Steenland K.,Emory University |
Ward E.,Intramural Research
CA Cancer Journal for Clinicians | Year: 2014
Silica has been known to cause silicosis for centuries, and evidence that silica causes lung cancer has accumulated over the last several decades. This article highlights 3 important developments in understanding the health effects of silica and preventing illness and death from silica exposure at work. First, recent epidemiologic studies have provided new information about silica and lung cancer. This includes detailed exposure-response data, thereby enabling the quantitative risk assessment needed for regulation. New studies have also shown that excess lung mortality occurs in silica-exposed workers who do not have silicosis and who do not smoke.
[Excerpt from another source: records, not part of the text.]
-- ===== src/Trace/Session/Builder.antt =====
-- src/trace.rs: the setters of `TraceBuilder`. The random name of a new builder and the GUIDs drawn
-- by its start are arguments; the providers are those of the registry of the builder.
use ferrisetw.Base.{ℕ, not, ◌&&◌, none, some, List, [], ◌∷◌, if◌then◌else◌, Bool, true, false}
use ferrisetw.Native.EtwTypes.{TraceProperties, DumpFile}
use ferrisetw.Native.EtwTypes.Groups.{ExtendedKernelGroup}
use ferrisetw.Native.Evntrace.{StackTracingEvent}
use ferrisetw.Native.Windows.{World, Windows}
use ferrisetw.Provider.Builder.{Provider}
use ferrisetw.Provider.EventFilter.{Platform}
use ferrisetw.Trace.Registry.{add}
use ferrisetw.Trace.Session.{TraceKind, TraceBuilder, default_properties}
use ferrisetw.Trace.Session.Start.{guid_of}

-- "NT Kernel Logger"
abbrev pub kernel_logger_name : List ℕ
kernel_logger_name =
    78 ∷ 84 ∷ 32 ∷ 75 ∷ 101 ∷ 114 ∷ 110 ∷ 101 ∷ 108 ∷ 32 ∷ 76 ∷ 111 ∷ 103 ∷ 103 ∷ 101 ∷ 114 ∷ []

abbrev is_kernel : TraceKind → Bool
is_kernel TraceKind.user = false
is_kernel TraceKind.kernel = true

abbrev pub set_trace_properties : TraceProperties → TraceBuilder → TraceBuilder
set_trace_properties properties b = record b { properties = properties }

abbrev pub set_etl_dump_file : DumpFile → TraceBuilder → TraceBuilder
set_etl_dump_file params b = record b { etl_dump_file = some params }

abbrev pub set_stop_if_exist : Bool → TraceBuilder → TraceBuilder
set_stop_if_exist stop b = record b { stop_if_exist = stop }

abbrev pub set_stack_tracing : List StackTracingEvent → TraceBuilder → TraceBuilder
set_stack_tracing events b = record b { stack_tracing_events = events }

abbrev pub set_extended_groups : List ExtendedKernelGroup → TraceBuilder → TraceBuilder
set_extended_groups groups b = record b { extended_kernel_groups = groups }

module _ (windows : Windows) (platform : Platform) (provider_at : ℕ → Provider) where
  unfoldable pub named : List ℕ → TraceBuilder → TraceBuilder
  named name b = record b {
    name = if is_kernel b.kind && not windows.is_win8_or_greater then kernel_logger_name else name;
  }

  -- `UserTrace::new`
  unfoldable pub new_user :
      (random_name : List ℕ) (callback_data stop_guid trace_guid : ℕ) → TraceBuilder
  new_user random_name callback_data stop_guid trace_guid = record {
    kind = TraceKind.user;
    name = random_name;
    etl_dump_file = none;
    properties = default_properties windows platform provider_at;
    stop_if_exist = true;
    stack_tracing_events = [];
    extended_kernel_groups = [];
    callback_data = callback_data;
    stop_guid = stop_guid;
    trace_guid = trace_guid;
  }

  -- `KernelTrace::new`: the setter checks the name.
  unfoldable pub new_kernel :
      (random_name : List ℕ) (callback_data stop_guid trace_guid : ℕ) → TraceBuilder
  unfolding named
  new_kernel random_name callback_data stop_guid trace_guid = named random_name (record {
    kind = TraceKind.kernel;
    name = [];
    etl_dump_file = none;
    properties = default_properties windows platform provider_at;
    stop_if_exist = true;
    stack_tracing_events = [];
    extended_kernel_groups = [];
    callback_data = callback_data;
    stop_guid = stop_guid;
    trace_guid = trace_guid;
  })

  -- `KernelTrace::trace_guid`, where a new GUID is drawn for other versions.
  unfoldable pub kernel_trace_guid : (system_trace_control_guid new_guid : ℕ) → ℕ
  kernel_trace_guid system_trace_control_guid new_guid =
      if windows.is_win8_or_greater then new_guid else system_trace_control_guid

  -- `enable`, at the address that the provider gets.
  unfoldable pub enable_at : ℕ → World → World
  unfolding add
  enable_at p w = record w { registry = add (guid_of windows platform provider_at) p w.registry }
Second, the US Occupational Safety and Health Administration has recently proposed a new rule lowering the permissible occupational limit for silica. There are approximately 2 million US workers currently exposed to silica. Risk assessments estimate that lowering occupational exposure limits from the current to the proposed standard will reduce silicosis and lung cancer mortality to approximately one-half of the rates predicted under the current standard. Third, low-dose computed tomography scanning has now been proven to be an effective screening method for lung cancer. For clinicians, asking about occupational history to determine if silica exposure has occurred is recommended. If such exposure has occurred, extra attention might be given to the early detection of silicosis and lung cancer, as well as extra emphasis on quitting smoking. CA Cancer J Clin 2014;64:63-69. © 2013 American Cancer Society, Inc. © 2013 American Cancer Society, Inc.